What to work on -
Look through the entries below. Report each line that has the word "refl" in it.

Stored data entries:
——————————
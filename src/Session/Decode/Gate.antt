-- ===== src/Session/Decode/Gate.antt =====
-- app/src/webrtc/media.cpp: where the decoder starts after the queue has been given up.
use booster_nx.Common.{
  ℕ, ◌≡◌, refl, Bool, true, false, not, ◌&&◌, Option, none, some, List, [], ◌∷◌, ◌++◌, All, leb,
  length, arith, Bool-cases, inl, inr,
}
use booster_nx.Session.H264.{contains_idr}
use booster_nx.Session.Decode.{
  DecodeUnit, Decoder, Event, offer, take_one, stall, stop_request, finish, max_queued_units,
  admit_unit, enqueue, take_unit, finish_unit, step, run, takes, Decoded, take_from, finish_with,
  new_unit,
}

abbrev pub IsIdr : DecodeUnit → Type 0
IsIdr u = u.idr ≡ true

-- A resync is required, only IDR units wait, and the decoder thread holds no unit.
abbrev pub IsGated : Decoder → Type 0
IsGated d = (d.resync_required ≡ true) × All IsIdr d.queue × (d.in_flight ≡ none)

abbrev pub StartsWithIdr : List DecodeUnit → Type 0
StartsWithIdr [] = Unit {0}
StartsWithIdr (u ∷ us) = IsIdr u

-- Either nothing is taken and the gate stays shut, or an IDR is taken.
abbrev StaysOrStarts : Decoder × List DecodeUnit → Type 0
StaysOrStarts (e, []) = IsGated e
StaysOrStarts (e, u ∷ us) = IsIdr u

All-snoc :
    (us : List DecodeUnit) (u : DecodeUnit) → All IsIdr us → IsIdr u → All IsIdr (us ++ (u ∷ []))
All-snoc [] u h hu = (hu, tt)
All-snoc (x ∷ xs) u h hu = (h.0, All-snoc xs u h.1 hu)

admit_unit-IsGated :
    (d : Decoder) (bytes : List ℕ) (rtp now : ℕ) → IsGated d → IsGated (admit_unit d bytes rtp now)
unfolding admit_unit
admit_unit-IsGated d bytes rtp now h =
    elim (Bool-cases (d.resync_required && not (contains_idr bytes))) [
      | inl gate ↦ rw gate h
      | inr passed ↦
          let idr : contains_idr bytes ≡ true = ground (arith, h.0, passed) in
          rw passed (elim (Bool-cases (leb (max_queued_units d.fps) (length d.queue))) [
            | inl full ↦ rw (full, idr) (refl, (refl, tt), h.2)
            | inr room ↦ rw room (h.0, All-snoc d.queue (new_unit d bytes rtp now) h.1 idr, h.2)
          ])
    ]

enqueue-IsGated :
    (d : Decoder) (bytes : List ℕ) (rtp now : ℕ) → IsGated d → IsGated (enqueue d bytes rtp now)
unfolding enqueue
enqueue-IsGated d bytes rtp now h = elim (Bool-cases (takes d bytes)) [
  | inl e ↦ rw e (admit_unit-IsGated d bytes rtp now h)
  | inr e ↦ rw e h
]

take_from-StaysOrStarts :
    (d : Decoder) (b : Bool) (held : Option DecodeUnit) (queue : List DecodeUnit)
    → All IsIdr queue
    → IsGated d
    → StaysOrStarts (take_from d b held queue)
take_from-StaysOrStarts d true none (u ∷ us) q h = q.0
take_from-StaysOrStarts d true none [] q h = h
take_from-StaysOrStarts d true (some u) queue q h = h
take_from-StaysOrStarts d false held queue q h = h

finish_with-IsGated :
    (d : Decoder) (held : Option DecodeUnit) (r : Decoded) (now : ℕ)
    → held ≡ none
    → IsGated d
    → IsGated (finish_with d held r now)
finish_with-IsGated d none r now e h = h
finish_with-IsGated d (some u) r now e h = absurd (ground (arith, e))

step-StaysOrStarts : (d : Decoder) (v : Event) → IsGated d → StaysOrStarts (step d v)
unfolding take_unit finish_unit
step-StaysOrStarts d (offer bytes rtp now) h = enqueue-IsGated d bytes rtp now h
step-StaysOrStarts d take_one h = take_from-StaysOrStarts d d.running d.in_flight d.queue h.1 h
step-StaysOrStarts d stall h = (refl, tt, h.2)
step-StaysOrStarts d stop_request h = h
step-StaysOrStarts d (finish r now) h = finish_with-IsGated d d.in_flight r now h.2 h

first_of_step :
    (p : Decoder × List DecodeUnit) (later : Decoder → List DecodeUnit)
    → StaysOrStarts p
    → ((e : Decoder) → IsGated e → StartsWithIdr (later e))
    → StartsWithIdr (p.1 ++ later p.0)
first_of_step (e, []) later h next = next e h
first_of_step (e, u ∷ us) later h next = h

-- When a resync is required, the decoder thread holds no unit and no unit but IDRs waits, then
-- whatever the threads do next, the first unit that the decoder thread takes is an IDR.
pub run-StartsWithIdr : (d : Decoder) (vs : List Event) → IsGated d → StartsWithIdr (run d vs).1
unfolding run
run-StartsWithIdr d [] h = tt
run-StartsWithIdr d (v ∷ vs) h =
    first_of_step (step d v) (λ e. (run e vs).1) (step-StaysOrStarts d v h)
      (λ e g. run-StartsWithIdr e vs g)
——————————
Output for this task -
  ℕ, ◌≡◌, refl, Bool, true, false, not, ◌&&◌, Option, none, some, List, [], ◌∷◌, ◌++◌, All, leb,
            | inl full ↦ rw (full, idr) (refl, (refl, tt), h.2)
step-StaysOrStarts d stall h = (refl, tt, h.2)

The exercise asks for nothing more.